[Stored data]
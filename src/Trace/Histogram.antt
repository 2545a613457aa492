-- ===== src/Trace/Histogram.antt =====
-- src/core/trace.ts: the latency histogram and what is read from it. The percentiles and the averages
-- are exact fractions, where the source computes with doubles.
use cross_tab_worker_databus.Base.{
  ℕ, zero, suc, ◌+◌, ◌-◌, ◌*◌, ◌/◌, min, max, Option, none, some, List, [], ◌∷◌, leb, ◌==◌,
  if◌then◌else◌, length, nat_has_eq,
}

abbrev pub latency_bucket_count : ℕ
latency_bucket_count = 20

abbrev pub latency_bucket_size_ms : ℕ
latency_bucket_size_ms = 50

unfoldable pub bucket_index : ℕ → ℕ
bucket_index measured_ms = min (latency_bucket_count - 1) (measured_ms / latency_bucket_size_ms)

-- One more sample in a bucket.
abbrev pub bump : ℕ → List ℕ → List ℕ
bump i [] = []
bump zero (b ∷ buckets) = suc b ∷ buckets
bump (suc i) (b ∷ buckets) = b ∷ bump i buckets

abbrev pub zeros : ℕ → List ℕ
zeros zero = []
zeros (suc n) = 0 ∷ zeros n

-- A percentile of `num / den`.
pub record Percentile : Type 0 where
  pub num : ℕ
  pub den : ℕ

abbrev pub p50 : Percentile
p50 = record { num = 1; den = 2 }

abbrev pub p95 : Percentile
p95 = record { num = 19; den = 20 }

abbrev pub p100 : Percentile
p100 = record { num = 1; den = 1 }

-- The percentile of the count, rounded up.
unfoldable pub rank : Percentile → ℕ → ℕ
rank p samples = max 1 ((p.num * samples + (p.den - 1)) / p.den)

-- The loop over the buckets: the index of the bucket at which the count reaches the rank.
abbrev pub walk : ℕ → ℕ → ℕ → List ℕ → Option ℕ
walk rank seen index [] = none
walk rank seen index (b ∷ buckets) =
    let rest = walk rank (seen + b) (index + 1) buckets in
    if leb rank (seen + b) then some index else rest

-- `(index + 0.5) * 50`, and the ceiling of the histogram.
abbrev pub midpoint : ℕ → Option ℕ → ℕ
midpoint buckets none = buckets * latency_bucket_size_ms
midpoint buckets (some index) = index * latency_bucket_size_ms + latency_bucket_size_ms / 2

unfoldable pub percentile_ms : List ℕ → ℕ → Percentile → ℕ
percentile_ms buckets samples p =
    if samples == 0 then 0 else midpoint (length buckets) (walk (rank p samples) 0 0 buckets)

-- `roundMs` of `num / den`, in tenths of a millisecond: half a tenth goes up.
unfoldable pub round_ms : ℕ → ℕ → ℕ
round_ms num den = (20 * num + den) / (2 * den)

unfoldable pub average : ℕ → ℕ → ℕ
average sum samples = if samples == 0 then round_ms 0 1 else round_ms sum samples
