-- ===== src/Trace/Window.antt =====
-- src/core/trace.ts: the fields of `DataBusTraceReporter` that one metrics window accumulates, which
-- `resetMetrics` clears, and what each call does to them. A reading of the clock is a whole number of
-- milliseconds, or `none` where it is NaN.
use cross_tab_worker_databus.Base.{
  ℕ, ◌+◌, ◌-◌, Bool, ◌||◌, Option, none, some, List, [], ◌∷◌, ◌++◌, ltb, leb, ◌==◌, if◌then◌else◌,
  length, drop, nat_has_eq,
}
use cross_tab_worker_databus.Base.JsMap.{JsMap, get, set, delete}
use cross_tab_worker_databus.Base.JsString.{Text, text_has_eq}
use cross_tab_worker_databus.Trace.Histogram.{latency_bucket_count, bucket_index, bump, zeros}

abbrev pub Reading : Type 0
Reading = Option ℕ

abbrev pub max_pending_topics : ℕ
max_pending_topics = 1_000

abbrev pub max_pending_messages_per_topic : ℕ
max_pending_messages_per_topic = 256

pub record Window : Type 0 where
  pub received : ℕ
  pub dispatched : ℕ
  pub latency_samples : ℕ
  pub topics : JsMap Text (Unit {0})
  pub received_at : JsMap Text (List Reading)
  pub latency_buckets : List ℕ
  pub latency_sum_ms : ℕ
  pub dedup_accepted : ℕ
  pub dedup_suppressed : ℕ

-- The fields as they are declared, and after `resetMetrics`.
abbrev pub empty_window : Window
empty_window = record {
  received = 0;
  dispatched = 0;
  latency_samples = 0;
  topics = [];
  received_at = [];
  latency_buckets = zeros latency_bucket_count;
  latency_sum_ms = 0;
  dedup_accepted = 0;
  dedup_suppressed = 0;
}

-- A receive under the two caps.
unfoldable pub admit :
    Text → Reading → JsMap Text (List Reading) → Option (List Reading) → JsMap Text (List Reading)
admit topic now received_at none =
    if leb max_pending_topics (length received_at)
    then received_at
    else set topic (now ∷ []) received_at
admit topic now received_at (some queue) =
    if leb max_pending_messages_per_topic (length queue)
    then received_at
    else set topic (queue ++ now ∷ []) received_at

-- `queue.shift()` on the queue of the topic, which is deleted once it is empty.
unfoldable pub shift :
    Text → JsMap Text (List Reading) → Option (List Reading) → JsMap Text (List Reading)
shift topic received_at none = received_at
shift topic received_at (some queue) =
    let rest = drop 1 queue in
    if length rest == 0 then delete topic received_at else set topic rest received_at

abbrev pub first : List Reading → Reading
first [] = none
first (at ∷ queue) = at

-- What `queue?.shift()` returns: `none` where there is none or where it is NaN, which yields no delay
-- either.
abbrev pub received_timestamp : Option (List Reading) → Reading
received_timestamp none = none
received_timestamp (some queue) = first queue

-- The delay, at least 0, if it is finite.
abbrev pub measured : Reading → Reading → Option ℕ
measured none now = none
measured (some at) none = none
measured (some at) (some now) = some (now - at)

unfoldable pub sample : Window → Option ℕ → Window
sample w none = w
sample w (some measured_ms) = record w {
  latency_samples = w.latency_samples + 1;
  latency_buckets = bump (bucket_index measured_ms) w.latency_buckets;
  latency_sum_ms = w.latency_sum_ms + measured_ms;
}

-- The delay that a dispatch on the topic measures.
unfoldable pub dispatch_delay : Text → Reading → Window → Option ℕ
dispatch_delay topic now w = measured (received_timestamp (get topic w.received_at)) now

unfoldable pub receive : Text → Reading → Window → Window
receive topic now w = record w {
  received = w.received + 1;
  topics = set topic tt w.topics;
  received_at = admit topic now w.received_at (get topic w.received_at);
}

unfoldable pub discard : Text → Window → Window
discard topic w = record w { received_at = shift topic w.received_at (get topic w.received_at) }

unfoldable pub dispatch : Text → Reading → Window → Window
dispatch topic now w =
    sample
      (record w {
        dispatched = w.dispatched + 1;
        topics = set topic tt w.topics;
        received_at = shift topic w.received_at (get topic w.received_at);
      })
      (dispatch_delay topic now w)

abbrev pub accept : Window → Window
accept w = record w { dedup_accepted = w.dedup_accepted + 1 }

abbrev pub suppress : Window → Window
suppress w = record w { dedup_suppressed = w.dedup_suppressed + 1 }

-- The condition under which a flush emits.
abbrev pub has_activity : Window → Bool
has_activity w =
    ltb 0 w.received || ltb 0 w.dispatched || ltb 0 w.dedup_accepted || ltb 0 w.dedup_suppressed
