-- ===== src/Trace/Reporter.antt =====
-- src/core/trace.ts: the class `DataBusTraceReporter`. Each call is given the reading of the clock that
-- it may take. The sink is a parameter that says which calls throw, and does not call the reporter;
-- `delivered` is the log of its calls and `warned` that of the warnings, oldest first. The armed
-- interval is its period, and `sink_flush_scheduled` also stands for the microtask, which is queued
-- when the flag is set and clears it. A latency is in tenths of a millisecond.
use cross_tab_worker_databus.Base.{
  ℕ, ◌-◌, Bool, true, false, not, ◌&&◌, ◌||◌, Option, none, some, List, [], ◌∷◌, ◌++◌, ◌==◌,
  if◌then◌else◌, is_some, length, nat_has_eq,
}
use cross_tab_worker_databus.Base.JsString.{Text, text_has_eq}
use cross_tab_worker_databus.Types.{WorkerStatus}
use cross_tab_worker_databus.Trace.Histogram.{p50, p95, p100, percentile_ms, round_ms, average}
use cross_tab_worker_databus.Trace.Window.{Reading, Window, empty_window, has_activity}

pub data Mode : Type 0 where
  events metrics all : Mode

pub record Metrics : Type 0 where
  pub duration_ms : Reading
  pub received : ℕ
  pub dispatched : ℕ
  pub topics : ℕ
  pub dispatch_samples : ℕ
  pub dispatch_avg : ℕ
  pub dispatch_p50 : ℕ
  pub dispatch_p95 : ℕ
  pub dispatch_max : ℕ
  pub dedup_accepted : ℕ
  pub dedup_suppressed : ℕ
  pub timestamp : Reading

-- The variants of the event; the unions of string literals are their strings.
pub data Body : Type 0 where
  lifecycle : Text → Body
  status : WorkerStatus → Body
  subscription : Text → Text → ℕ → Body
  coordination : Bool → ℕ → List Text → List Text → Body
  error : Text → Body
  reliability : Text → Option Text → Option Text → Option ℕ → Option Text → Option ℕ → Body
  message_metrics : Metrics → Body

pub record TraceEvent : Type 0 where
  pub body : Body
  pub timestamp : Reading

-- The value of `metricsIntervalMs` when it is given.
pub data Interval : Type 0 where
  not_finite negative : Interval
  finite : ℕ → Interval

pub record Options : Type 0 where
  pub enabled : Option Bool
  pub mode : Option Mode
  pub metrics_interval_ms : Option Interval
  pub async_sink : Option Bool

-- The fields that do not concern the sink.
pub record Session : Type 0 where
  pub enabled : Bool
  pub mode : Mode
  pub metrics_interval_ms : ℕ
  pub interval_handle : Option ℕ
  pub interval_started_at : Reading
  pub stopped : Bool
  pub window : Window

pub record Sink : Type 0 where
  pub async_sink : Bool
  pub pending_events : List TraceEvent
  pub sink_flush_scheduled : Bool
  pub delivered : List TraceEvent
  pub warned : List TraceEvent

pub record Reporter : Type 0 where
  pub session : Session
  pub sink : Sink

abbrev pub default_metrics_interval_ms : ℕ
default_metrics_interval_ms = 5_000

-- `none` is the thrown `RangeError`.
abbrev pub normalize_interval : Option Interval → Option ℕ
normalize_interval none = some default_metrics_interval_ms
normalize_interval (some not_finite) = none
normalize_interval (some negative) = none
normalize_interval (some (finite value)) = if value == 0 then none else some value

abbrev pub or_else {ℓ} : {A : Type ℓ} → Option A → A → A
or_else none a = a
or_else (some b) a = b

abbrev pub created : Options → ℕ → Reporter
created options interval_ms = record {
  session = record {
    enabled = or_else options.enabled false;
    mode = or_else options.mode all;
    metrics_interval_ms = interval_ms;
    interval_handle = none;
    interval_started_at = some 0;
    stopped = false;
    window = empty_window;
  };
  sink = record {
    async_sink = or_else options.async_sink false;
    pending_events = [];
    sink_flush_scheduled = false;
    delivered = [];
    warned = [];
  };
}

-- The constructor, `none` where it throws.
unfoldable pub create : Options → Option Reporter
create options = elim (normalize_interval options.metrics_interval_ms) [
  | none ↦ none
  | some interval_ms ↦ some (created options interval_ms)
]

abbrev pub is_events : Mode → Bool
is_events events = true
is_events metrics = false
is_events all = false

abbrev pub is_metrics : Mode → Bool
is_metrics events = false
is_metrics metrics = true
is_metrics all = false

abbrev pub metrics_active : Session → Bool
metrics_active c = (c.enabled && not c.stopped) && not (is_events c.mode)

-- `Math.max(0, timestamp - intervalStartedAt)`.
abbrev pub elapsed : Reading → Reading → Reading
elapsed none now = none
elapsed (some at) none = none
elapsed (some at) (some now) = some (now - at)

unfoldable pub snapshot : Session → Reading → Metrics
snapshot c now = record {
  duration_ms = elapsed c.interval_started_at now;
  received = c.window.received;
  dispatched = c.window.dispatched;
  topics = length c.window.topics;
  dispatch_samples = c.window.latency_samples;
  dispatch_avg = average c.window.latency_sum_ms c.window.latency_samples;
  dispatch_p50 = round_ms (percentile_ms c.window.latency_buckets c.window.latency_samples p50) 1;
  dispatch_p95 = round_ms (percentile_ms c.window.latency_buckets c.window.latency_samples p95) 1;
  dispatch_max = round_ms (percentile_ms c.window.latency_buckets c.window.latency_samples p100) 1;
  dedup_accepted = c.window.dedup_accepted;
  dedup_suppressed = c.window.dedup_suppressed;
  timestamp = now;
}

unfoldable pub get_metrics : Session → Reading → Option Metrics
get_metrics c now = if metrics_active c then some (snapshot c now) else none

-- `start`, once it is enabled.
abbrev pub opened : Session → Reading → Session
opened c now =
    if is_some c.interval_handle || is_events c.mode
    then record c { stopped = false }
    else record c {
      stopped = false;
      interval_started_at = now;
      interval_handle = some c.metrics_interval_ms;
    }

unfoldable pub start : Session → Reading → Session
start c now = if c.enabled then opened c now else c

abbrev pub pause : Session → Session
pause c = record c { interval_handle = none; interval_started_at = some 0; window = empty_window }

unfoldable pub stop : Reporter → Reporter
stop r = record {
  session = pause (record r.session { stopped = true });
  sink = record r.sink { pending_events = [] };
}

unfoldable pub get_sink_state : Reporter → Bool × ℕ
get_sink_state r = (r.sink.async_sink, length r.sink.pending_events)

-- The guard of the five `record` methods.
unfoldable pub recorded : (Window → Window) → Session → Session
recorded f c = if metrics_active c then record c { window = f c.window } else c

-- The guard of `event`.
abbrev pub events_active : Session → Bool
events_active c = (c.enabled && not c.stopped) && not (is_metrics c.mode)

-- What `flushNow` leaves of the window.
abbrev pub flushed : Session → Reading → Session
flushed c now = record c {
  window = if has_activity c.window then empty_window else c.window;
  interval_started_at = now;
}

module _ (throws : TraceEvent → Bool) where
  unfoldable pub emit_sync : Sink → TraceEvent → Sink
  emit_sync k event = record k {
    delivered = k.delivered ++ event ∷ [];
    warned = if throws event then k.warned ++ event ∷ [] else k.warned;
  }

  unfoldable pub emit : Sink → TraceEvent → Sink
  emit k event =
      if k.async_sink
      then record k { pending_events = k.pending_events ++ event ∷ []; sink_flush_scheduled = true }
      else emit_sync k event

  -- The loop of the microtask.
  unfoldable pub emit_all : Sink → List TraceEvent → Sink
  emit_all k [] = k
  emit_all k (event ∷ queued) = emit_all (emit_sync k event) queued

  unfoldable pub microtask : Sink → Sink
  microtask k =
      if k.sink_flush_scheduled
      then emit_all (record k { sink_flush_scheduled = false; pending_events = [] })
          k.pending_events
      else k

  unfoldable pub event : Reporter → Body → Reading → Reporter
  event r body now =
      if events_active r.session
      then record r { sink = emit r.sink (record { body = body; timestamp = now }) }
      else r

  unfoldable pub flush_now : Reporter → Reading → Reporter
  flush_now r now = record {
    session = flushed r.session now;
    sink =
        if has_activity r.session.window
        then emit r.sink
            (record { body = message_metrics (snapshot r.session now); timestamp = now })
        else r.sink;
  }

  unfoldable pub flush : Reporter → Reading → Reporter
  flush r now = if metrics_active r.session then flush_now r now else r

» Instructions for the task: Show all lines above holding "flushed".

» Written solution:
abbrev pub flushed : Session → Reading → Session
flushed c now = record c {
    session = flushed r.session now;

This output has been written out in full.